* MATERIAL FOR THE TASK *
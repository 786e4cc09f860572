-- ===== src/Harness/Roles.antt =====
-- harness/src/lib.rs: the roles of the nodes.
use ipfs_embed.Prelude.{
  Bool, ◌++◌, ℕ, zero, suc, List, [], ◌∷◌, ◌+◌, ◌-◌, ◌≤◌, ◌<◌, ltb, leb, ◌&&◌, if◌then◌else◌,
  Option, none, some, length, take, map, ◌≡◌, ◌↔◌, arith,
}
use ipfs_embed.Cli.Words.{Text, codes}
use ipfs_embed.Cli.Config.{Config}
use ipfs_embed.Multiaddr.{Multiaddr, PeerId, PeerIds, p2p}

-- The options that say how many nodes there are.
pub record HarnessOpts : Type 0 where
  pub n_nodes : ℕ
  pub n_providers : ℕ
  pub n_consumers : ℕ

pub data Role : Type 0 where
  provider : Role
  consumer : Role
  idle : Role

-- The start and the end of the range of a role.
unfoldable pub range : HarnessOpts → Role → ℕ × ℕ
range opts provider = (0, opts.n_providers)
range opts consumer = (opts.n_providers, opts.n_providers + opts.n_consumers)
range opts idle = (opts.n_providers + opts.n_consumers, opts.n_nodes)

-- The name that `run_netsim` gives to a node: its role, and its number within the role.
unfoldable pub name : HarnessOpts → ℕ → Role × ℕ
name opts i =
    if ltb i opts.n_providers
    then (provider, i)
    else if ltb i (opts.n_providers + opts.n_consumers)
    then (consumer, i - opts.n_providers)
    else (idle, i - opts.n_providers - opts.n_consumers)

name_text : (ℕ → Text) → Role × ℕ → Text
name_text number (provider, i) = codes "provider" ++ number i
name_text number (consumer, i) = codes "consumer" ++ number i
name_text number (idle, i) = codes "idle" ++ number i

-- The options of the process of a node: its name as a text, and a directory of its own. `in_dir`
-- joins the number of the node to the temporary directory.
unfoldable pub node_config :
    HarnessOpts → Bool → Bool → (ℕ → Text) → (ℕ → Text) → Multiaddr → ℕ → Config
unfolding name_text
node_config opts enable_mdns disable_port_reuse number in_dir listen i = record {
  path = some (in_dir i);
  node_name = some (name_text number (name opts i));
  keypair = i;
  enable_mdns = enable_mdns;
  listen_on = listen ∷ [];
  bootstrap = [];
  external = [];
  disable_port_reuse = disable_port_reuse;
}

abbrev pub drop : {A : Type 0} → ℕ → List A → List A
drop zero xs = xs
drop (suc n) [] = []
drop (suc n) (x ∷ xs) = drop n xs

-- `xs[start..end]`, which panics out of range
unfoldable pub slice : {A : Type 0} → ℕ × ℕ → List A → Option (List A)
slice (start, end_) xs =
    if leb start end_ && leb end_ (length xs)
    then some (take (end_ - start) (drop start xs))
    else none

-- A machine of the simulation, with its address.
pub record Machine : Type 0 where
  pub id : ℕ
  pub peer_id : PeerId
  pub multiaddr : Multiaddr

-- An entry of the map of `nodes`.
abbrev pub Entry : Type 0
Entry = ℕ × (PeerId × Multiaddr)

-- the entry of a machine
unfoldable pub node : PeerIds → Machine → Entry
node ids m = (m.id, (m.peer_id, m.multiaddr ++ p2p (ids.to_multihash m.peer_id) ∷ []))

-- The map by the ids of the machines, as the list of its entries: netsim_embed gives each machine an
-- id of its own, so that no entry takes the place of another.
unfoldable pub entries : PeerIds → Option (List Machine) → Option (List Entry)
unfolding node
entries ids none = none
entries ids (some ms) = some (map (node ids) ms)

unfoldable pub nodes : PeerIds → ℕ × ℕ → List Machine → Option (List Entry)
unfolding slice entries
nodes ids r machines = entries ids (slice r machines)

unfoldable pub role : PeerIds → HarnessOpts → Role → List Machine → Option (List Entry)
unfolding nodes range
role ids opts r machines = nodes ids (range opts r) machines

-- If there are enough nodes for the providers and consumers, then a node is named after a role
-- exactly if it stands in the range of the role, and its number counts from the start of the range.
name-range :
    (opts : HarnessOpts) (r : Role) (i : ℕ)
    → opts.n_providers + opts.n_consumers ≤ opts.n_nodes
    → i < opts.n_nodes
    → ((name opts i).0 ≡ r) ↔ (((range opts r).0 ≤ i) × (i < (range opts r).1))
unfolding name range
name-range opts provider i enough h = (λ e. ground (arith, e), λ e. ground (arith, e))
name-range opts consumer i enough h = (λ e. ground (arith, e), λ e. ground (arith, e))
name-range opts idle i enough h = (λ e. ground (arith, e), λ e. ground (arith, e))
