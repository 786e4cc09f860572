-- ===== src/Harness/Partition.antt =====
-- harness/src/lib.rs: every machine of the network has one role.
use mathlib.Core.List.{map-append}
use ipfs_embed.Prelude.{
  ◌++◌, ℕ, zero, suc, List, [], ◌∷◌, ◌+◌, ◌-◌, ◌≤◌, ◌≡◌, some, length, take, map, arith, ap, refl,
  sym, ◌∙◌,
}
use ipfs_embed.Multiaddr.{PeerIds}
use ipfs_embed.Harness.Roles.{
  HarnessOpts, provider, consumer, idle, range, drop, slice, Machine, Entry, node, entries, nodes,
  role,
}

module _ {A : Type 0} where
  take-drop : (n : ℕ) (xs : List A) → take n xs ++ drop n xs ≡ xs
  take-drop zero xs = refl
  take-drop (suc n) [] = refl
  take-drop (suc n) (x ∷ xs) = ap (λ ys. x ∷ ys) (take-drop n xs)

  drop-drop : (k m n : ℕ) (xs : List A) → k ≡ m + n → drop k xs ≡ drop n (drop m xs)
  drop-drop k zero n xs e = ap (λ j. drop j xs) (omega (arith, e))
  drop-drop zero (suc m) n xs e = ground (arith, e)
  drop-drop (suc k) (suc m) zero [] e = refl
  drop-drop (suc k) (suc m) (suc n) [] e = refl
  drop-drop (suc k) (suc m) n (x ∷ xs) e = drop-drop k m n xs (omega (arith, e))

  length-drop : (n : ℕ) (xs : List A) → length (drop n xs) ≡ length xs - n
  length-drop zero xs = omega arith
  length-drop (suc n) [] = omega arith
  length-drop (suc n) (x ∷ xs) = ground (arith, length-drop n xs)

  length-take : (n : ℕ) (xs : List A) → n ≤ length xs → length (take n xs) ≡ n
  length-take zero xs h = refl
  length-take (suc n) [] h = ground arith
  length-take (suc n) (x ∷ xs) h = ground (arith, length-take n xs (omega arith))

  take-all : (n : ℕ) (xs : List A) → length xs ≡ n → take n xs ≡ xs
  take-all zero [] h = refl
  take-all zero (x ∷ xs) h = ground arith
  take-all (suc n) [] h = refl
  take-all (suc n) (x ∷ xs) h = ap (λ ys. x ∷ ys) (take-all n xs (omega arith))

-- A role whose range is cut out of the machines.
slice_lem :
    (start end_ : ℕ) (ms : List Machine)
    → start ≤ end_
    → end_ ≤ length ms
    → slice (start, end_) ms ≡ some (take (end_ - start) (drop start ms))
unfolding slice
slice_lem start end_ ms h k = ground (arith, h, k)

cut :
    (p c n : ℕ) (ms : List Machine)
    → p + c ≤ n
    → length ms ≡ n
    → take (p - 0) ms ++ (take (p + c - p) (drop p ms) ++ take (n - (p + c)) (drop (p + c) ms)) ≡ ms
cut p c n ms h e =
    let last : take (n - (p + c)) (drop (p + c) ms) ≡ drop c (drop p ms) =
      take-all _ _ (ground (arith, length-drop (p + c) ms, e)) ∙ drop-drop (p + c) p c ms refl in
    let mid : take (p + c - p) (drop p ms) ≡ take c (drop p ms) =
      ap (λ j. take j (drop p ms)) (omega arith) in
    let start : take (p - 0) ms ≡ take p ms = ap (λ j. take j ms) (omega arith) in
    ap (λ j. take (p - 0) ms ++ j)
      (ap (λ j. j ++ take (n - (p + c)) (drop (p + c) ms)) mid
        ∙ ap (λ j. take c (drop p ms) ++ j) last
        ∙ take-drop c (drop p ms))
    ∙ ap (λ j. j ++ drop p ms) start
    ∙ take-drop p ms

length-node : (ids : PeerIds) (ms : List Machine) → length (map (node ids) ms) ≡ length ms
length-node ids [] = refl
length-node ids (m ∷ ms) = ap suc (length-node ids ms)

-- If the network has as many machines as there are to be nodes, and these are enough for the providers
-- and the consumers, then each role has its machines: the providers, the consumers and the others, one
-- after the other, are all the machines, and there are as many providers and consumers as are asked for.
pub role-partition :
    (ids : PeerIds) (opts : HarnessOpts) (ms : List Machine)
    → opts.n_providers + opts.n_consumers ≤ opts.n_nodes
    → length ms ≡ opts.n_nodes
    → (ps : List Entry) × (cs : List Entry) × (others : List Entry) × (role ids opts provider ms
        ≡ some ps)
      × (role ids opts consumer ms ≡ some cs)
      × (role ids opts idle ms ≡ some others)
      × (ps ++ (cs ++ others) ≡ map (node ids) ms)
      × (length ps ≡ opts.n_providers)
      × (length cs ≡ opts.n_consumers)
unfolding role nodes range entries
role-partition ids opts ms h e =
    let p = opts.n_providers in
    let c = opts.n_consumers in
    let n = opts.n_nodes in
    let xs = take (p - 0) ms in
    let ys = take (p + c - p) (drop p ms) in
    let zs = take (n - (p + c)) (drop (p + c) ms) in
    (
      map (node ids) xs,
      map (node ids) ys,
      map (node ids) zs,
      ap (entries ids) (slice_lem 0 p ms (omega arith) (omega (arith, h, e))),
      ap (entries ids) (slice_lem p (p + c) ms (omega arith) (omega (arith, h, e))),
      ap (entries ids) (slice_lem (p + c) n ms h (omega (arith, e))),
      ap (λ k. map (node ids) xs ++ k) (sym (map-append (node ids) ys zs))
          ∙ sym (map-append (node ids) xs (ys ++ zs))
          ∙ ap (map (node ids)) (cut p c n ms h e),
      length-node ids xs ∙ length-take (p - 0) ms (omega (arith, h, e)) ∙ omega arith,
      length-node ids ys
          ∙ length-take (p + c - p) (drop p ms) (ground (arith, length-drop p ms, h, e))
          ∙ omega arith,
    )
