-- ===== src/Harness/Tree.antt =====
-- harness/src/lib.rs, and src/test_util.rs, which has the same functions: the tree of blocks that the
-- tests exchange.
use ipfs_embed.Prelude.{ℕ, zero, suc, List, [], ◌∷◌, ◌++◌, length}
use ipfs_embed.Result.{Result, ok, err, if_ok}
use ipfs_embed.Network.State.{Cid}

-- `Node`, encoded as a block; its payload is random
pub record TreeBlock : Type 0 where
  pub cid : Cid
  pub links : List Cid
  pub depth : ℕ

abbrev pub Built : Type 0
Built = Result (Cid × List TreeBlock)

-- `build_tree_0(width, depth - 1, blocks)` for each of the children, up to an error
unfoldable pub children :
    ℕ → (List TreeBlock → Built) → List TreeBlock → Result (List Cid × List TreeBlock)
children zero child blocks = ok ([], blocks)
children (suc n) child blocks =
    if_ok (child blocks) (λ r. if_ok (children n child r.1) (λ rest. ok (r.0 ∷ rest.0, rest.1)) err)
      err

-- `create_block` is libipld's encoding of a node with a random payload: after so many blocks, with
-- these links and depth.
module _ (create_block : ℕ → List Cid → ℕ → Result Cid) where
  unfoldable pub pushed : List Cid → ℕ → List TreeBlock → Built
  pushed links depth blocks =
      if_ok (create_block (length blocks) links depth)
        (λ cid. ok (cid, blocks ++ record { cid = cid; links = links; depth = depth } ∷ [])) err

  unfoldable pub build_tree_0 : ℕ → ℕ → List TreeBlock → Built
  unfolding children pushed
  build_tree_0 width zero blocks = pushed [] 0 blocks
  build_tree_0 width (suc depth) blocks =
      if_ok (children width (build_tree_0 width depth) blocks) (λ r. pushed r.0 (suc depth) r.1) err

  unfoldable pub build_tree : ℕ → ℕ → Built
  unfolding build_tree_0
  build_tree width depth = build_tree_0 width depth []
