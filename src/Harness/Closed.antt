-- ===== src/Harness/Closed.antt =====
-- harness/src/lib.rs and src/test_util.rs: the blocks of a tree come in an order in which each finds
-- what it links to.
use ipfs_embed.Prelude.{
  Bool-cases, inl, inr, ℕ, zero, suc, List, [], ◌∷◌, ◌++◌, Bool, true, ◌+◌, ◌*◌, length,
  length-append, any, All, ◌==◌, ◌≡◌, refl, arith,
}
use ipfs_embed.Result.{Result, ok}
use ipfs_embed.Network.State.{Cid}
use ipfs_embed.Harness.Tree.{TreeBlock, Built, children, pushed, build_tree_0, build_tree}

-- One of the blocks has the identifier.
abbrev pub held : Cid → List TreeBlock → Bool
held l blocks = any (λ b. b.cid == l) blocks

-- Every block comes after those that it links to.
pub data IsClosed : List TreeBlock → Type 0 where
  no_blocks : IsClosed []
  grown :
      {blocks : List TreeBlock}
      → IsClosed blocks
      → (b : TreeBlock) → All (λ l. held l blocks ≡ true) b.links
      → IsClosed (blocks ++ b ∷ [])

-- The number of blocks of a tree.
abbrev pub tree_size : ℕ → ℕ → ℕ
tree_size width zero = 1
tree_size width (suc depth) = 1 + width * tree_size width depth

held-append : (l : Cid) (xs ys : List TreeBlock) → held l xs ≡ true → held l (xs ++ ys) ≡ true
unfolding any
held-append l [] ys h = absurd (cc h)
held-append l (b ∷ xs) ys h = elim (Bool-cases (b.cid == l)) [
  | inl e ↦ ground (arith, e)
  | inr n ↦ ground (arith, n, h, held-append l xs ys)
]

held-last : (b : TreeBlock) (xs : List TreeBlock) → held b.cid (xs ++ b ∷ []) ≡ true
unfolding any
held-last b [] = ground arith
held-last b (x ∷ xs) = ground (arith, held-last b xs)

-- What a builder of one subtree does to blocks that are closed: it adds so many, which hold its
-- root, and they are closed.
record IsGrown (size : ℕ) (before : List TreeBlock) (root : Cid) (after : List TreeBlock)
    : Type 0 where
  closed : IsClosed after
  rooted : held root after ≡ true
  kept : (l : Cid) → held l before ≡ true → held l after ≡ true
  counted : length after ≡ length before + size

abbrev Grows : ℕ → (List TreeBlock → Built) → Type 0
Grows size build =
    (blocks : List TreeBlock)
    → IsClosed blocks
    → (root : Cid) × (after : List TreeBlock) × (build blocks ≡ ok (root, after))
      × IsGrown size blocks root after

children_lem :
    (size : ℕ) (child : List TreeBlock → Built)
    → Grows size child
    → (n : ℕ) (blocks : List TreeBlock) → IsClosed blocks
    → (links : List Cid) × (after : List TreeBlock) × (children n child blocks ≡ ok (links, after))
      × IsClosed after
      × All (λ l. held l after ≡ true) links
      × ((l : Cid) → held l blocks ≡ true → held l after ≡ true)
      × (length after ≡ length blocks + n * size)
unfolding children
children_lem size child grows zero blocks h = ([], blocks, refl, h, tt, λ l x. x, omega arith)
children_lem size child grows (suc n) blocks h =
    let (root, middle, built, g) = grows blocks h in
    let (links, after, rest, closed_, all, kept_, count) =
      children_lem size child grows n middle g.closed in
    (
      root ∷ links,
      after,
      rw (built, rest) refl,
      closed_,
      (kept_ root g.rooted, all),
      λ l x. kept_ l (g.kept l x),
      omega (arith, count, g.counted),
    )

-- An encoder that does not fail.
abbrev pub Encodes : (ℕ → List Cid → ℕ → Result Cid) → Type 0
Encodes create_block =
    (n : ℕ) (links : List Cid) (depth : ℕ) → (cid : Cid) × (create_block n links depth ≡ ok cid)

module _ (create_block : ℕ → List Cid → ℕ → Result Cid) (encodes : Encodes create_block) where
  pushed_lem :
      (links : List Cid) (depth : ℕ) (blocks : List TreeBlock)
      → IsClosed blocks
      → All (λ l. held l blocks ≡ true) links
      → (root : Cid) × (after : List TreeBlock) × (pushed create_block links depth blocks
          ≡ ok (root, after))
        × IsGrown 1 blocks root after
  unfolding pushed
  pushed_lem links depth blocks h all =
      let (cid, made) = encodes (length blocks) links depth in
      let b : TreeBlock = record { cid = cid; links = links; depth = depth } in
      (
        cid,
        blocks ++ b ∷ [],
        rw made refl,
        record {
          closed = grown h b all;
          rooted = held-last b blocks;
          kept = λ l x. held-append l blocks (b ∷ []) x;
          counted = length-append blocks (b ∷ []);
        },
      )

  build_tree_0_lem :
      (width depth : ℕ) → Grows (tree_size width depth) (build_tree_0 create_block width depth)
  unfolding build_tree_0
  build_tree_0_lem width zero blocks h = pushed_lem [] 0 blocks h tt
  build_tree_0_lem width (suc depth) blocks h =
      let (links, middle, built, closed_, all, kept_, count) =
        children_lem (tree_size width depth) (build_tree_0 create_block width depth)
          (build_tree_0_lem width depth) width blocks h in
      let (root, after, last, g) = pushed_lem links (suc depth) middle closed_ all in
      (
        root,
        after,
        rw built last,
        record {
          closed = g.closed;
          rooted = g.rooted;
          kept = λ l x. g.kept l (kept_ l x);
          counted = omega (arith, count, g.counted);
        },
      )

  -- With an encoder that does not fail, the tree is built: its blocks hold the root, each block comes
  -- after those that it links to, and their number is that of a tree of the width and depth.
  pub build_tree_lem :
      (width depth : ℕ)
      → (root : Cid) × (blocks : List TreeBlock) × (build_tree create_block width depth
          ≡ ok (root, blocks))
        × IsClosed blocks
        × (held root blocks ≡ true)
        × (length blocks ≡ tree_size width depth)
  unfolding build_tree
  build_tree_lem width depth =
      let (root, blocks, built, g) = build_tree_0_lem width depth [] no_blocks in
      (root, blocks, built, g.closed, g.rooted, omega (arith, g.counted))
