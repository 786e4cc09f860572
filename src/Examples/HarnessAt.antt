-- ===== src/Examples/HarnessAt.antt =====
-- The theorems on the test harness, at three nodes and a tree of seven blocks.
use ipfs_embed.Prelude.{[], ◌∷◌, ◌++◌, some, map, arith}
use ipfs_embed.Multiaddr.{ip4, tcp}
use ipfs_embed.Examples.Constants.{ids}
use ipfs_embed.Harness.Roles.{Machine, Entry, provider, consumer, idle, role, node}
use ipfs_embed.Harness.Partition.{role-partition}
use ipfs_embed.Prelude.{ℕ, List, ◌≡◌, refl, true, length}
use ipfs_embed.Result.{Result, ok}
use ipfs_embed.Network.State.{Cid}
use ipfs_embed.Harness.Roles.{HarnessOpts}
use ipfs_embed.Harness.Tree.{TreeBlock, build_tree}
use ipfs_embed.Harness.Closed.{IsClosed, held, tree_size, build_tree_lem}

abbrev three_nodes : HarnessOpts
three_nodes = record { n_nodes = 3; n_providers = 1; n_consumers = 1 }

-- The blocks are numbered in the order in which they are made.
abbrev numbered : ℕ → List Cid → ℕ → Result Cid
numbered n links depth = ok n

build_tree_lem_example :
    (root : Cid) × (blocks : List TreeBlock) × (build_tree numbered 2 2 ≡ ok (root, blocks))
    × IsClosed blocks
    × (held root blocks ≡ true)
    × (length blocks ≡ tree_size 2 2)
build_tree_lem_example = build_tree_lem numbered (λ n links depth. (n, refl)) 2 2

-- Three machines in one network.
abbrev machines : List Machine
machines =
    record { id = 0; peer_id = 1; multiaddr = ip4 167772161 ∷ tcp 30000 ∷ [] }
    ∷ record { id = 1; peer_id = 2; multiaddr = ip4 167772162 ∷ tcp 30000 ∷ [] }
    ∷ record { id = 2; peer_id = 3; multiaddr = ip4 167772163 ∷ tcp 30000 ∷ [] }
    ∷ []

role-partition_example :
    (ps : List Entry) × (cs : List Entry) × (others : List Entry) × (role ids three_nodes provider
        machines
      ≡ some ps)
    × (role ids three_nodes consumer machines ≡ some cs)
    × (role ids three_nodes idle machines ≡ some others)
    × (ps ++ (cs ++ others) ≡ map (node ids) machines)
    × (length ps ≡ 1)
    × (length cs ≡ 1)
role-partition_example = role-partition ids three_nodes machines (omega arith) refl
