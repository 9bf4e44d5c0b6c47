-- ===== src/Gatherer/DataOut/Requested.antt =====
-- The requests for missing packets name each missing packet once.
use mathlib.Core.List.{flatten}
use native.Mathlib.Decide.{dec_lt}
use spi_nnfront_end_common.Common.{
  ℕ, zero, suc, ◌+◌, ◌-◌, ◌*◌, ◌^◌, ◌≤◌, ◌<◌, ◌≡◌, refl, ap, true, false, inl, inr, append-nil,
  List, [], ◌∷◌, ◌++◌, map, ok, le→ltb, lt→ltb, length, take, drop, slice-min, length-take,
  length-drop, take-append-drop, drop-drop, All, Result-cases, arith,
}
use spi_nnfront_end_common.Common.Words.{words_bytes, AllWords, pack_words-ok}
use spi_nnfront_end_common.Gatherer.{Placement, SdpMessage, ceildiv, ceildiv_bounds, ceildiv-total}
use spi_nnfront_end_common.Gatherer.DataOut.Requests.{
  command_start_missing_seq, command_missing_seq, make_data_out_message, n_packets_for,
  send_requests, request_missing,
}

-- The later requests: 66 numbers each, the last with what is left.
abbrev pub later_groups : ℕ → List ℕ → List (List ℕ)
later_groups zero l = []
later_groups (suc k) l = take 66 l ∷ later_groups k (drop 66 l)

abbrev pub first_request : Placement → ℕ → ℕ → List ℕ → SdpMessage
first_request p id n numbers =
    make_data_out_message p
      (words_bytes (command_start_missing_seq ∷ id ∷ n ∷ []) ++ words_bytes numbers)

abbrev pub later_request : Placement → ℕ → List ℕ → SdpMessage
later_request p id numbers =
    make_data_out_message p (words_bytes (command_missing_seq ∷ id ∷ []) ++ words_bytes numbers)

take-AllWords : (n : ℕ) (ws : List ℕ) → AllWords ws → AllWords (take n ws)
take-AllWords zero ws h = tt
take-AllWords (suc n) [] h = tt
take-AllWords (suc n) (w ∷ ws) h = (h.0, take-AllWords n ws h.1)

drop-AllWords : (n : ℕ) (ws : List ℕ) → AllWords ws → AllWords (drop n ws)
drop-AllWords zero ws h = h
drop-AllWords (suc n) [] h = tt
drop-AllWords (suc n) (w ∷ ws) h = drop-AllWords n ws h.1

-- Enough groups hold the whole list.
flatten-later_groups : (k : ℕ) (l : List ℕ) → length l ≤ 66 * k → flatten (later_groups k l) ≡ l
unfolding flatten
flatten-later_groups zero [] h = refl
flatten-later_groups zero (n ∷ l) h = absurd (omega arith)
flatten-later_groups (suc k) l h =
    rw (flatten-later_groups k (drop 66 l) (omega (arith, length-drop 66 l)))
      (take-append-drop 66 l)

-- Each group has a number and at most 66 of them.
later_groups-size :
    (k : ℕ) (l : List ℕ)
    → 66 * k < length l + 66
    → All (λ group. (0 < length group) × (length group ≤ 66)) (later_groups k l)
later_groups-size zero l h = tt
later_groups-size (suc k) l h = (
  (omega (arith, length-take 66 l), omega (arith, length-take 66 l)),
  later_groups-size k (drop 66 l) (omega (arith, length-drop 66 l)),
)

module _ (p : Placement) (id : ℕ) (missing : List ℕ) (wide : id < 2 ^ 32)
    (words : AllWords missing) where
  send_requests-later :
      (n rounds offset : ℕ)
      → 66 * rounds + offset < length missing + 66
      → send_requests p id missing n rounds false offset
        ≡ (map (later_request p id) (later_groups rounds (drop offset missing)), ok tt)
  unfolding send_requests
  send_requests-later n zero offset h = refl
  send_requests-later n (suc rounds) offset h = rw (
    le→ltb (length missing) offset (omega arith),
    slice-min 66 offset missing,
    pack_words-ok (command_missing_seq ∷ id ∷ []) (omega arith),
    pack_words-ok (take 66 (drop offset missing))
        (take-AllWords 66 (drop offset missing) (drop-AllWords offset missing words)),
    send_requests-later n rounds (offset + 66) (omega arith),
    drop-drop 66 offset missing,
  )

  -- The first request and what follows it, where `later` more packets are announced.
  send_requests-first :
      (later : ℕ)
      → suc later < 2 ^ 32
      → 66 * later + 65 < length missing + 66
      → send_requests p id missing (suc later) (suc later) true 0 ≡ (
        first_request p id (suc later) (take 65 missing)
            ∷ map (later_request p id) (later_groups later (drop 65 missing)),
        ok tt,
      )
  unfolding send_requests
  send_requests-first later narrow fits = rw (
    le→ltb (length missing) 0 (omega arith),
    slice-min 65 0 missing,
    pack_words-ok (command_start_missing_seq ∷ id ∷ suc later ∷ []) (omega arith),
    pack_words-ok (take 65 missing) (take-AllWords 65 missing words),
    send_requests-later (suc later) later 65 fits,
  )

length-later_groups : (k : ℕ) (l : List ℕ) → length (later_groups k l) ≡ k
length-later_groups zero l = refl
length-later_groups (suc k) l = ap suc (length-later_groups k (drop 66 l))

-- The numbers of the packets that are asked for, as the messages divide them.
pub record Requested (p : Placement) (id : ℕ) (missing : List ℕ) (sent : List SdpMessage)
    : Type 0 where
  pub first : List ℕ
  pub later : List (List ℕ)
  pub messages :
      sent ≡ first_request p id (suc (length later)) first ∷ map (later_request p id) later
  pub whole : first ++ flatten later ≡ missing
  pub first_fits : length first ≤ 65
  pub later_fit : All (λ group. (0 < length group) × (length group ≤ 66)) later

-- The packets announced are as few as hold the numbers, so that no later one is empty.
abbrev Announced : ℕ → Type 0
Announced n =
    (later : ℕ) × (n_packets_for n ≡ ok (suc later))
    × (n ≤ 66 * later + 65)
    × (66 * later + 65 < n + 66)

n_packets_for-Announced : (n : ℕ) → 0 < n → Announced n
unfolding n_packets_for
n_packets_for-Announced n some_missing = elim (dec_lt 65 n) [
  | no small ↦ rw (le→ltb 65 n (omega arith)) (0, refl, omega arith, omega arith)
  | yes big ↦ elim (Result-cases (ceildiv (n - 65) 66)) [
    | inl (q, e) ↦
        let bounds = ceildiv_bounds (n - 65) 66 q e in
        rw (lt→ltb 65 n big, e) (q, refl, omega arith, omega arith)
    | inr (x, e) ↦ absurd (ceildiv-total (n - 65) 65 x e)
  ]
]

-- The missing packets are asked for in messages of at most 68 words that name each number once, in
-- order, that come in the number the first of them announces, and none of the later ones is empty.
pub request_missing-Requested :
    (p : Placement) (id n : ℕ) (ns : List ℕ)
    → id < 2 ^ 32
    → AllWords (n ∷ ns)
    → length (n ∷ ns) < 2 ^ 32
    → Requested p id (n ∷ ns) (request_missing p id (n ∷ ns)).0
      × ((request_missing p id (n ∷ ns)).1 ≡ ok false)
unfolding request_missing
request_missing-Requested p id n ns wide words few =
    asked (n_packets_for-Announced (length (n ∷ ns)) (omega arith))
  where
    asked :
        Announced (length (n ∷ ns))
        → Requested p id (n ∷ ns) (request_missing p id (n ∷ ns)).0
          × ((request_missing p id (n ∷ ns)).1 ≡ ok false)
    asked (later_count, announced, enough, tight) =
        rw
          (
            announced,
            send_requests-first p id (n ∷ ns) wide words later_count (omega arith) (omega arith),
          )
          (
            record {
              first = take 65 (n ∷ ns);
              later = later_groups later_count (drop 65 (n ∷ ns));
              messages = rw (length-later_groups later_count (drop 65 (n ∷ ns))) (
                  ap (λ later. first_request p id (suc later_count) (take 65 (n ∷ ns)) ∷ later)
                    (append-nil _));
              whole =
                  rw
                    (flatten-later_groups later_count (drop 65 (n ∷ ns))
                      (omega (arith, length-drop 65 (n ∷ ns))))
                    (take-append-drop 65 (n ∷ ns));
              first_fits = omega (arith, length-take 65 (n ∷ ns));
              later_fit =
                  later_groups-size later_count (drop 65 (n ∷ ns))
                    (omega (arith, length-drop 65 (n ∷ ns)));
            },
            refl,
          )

* DIRECTIONS FOR THIS TASK *
Copy every line of the listing that includes the string "numbered".

* TASK OUTPUT *
-- The blocks are numbered in the order in which they are made.
abbrev numbered : ℕ → List Cid → ℕ → Result Cid
numbered n links depth = ok n
    (root : Cid) × (blocks : List TreeBlock) × (build_tree numbered 2 2 ≡ ok (root, blocks))
build_tree_lem_example = build_tree_lem numbered (λ n links depth. (n, refl)) 2 2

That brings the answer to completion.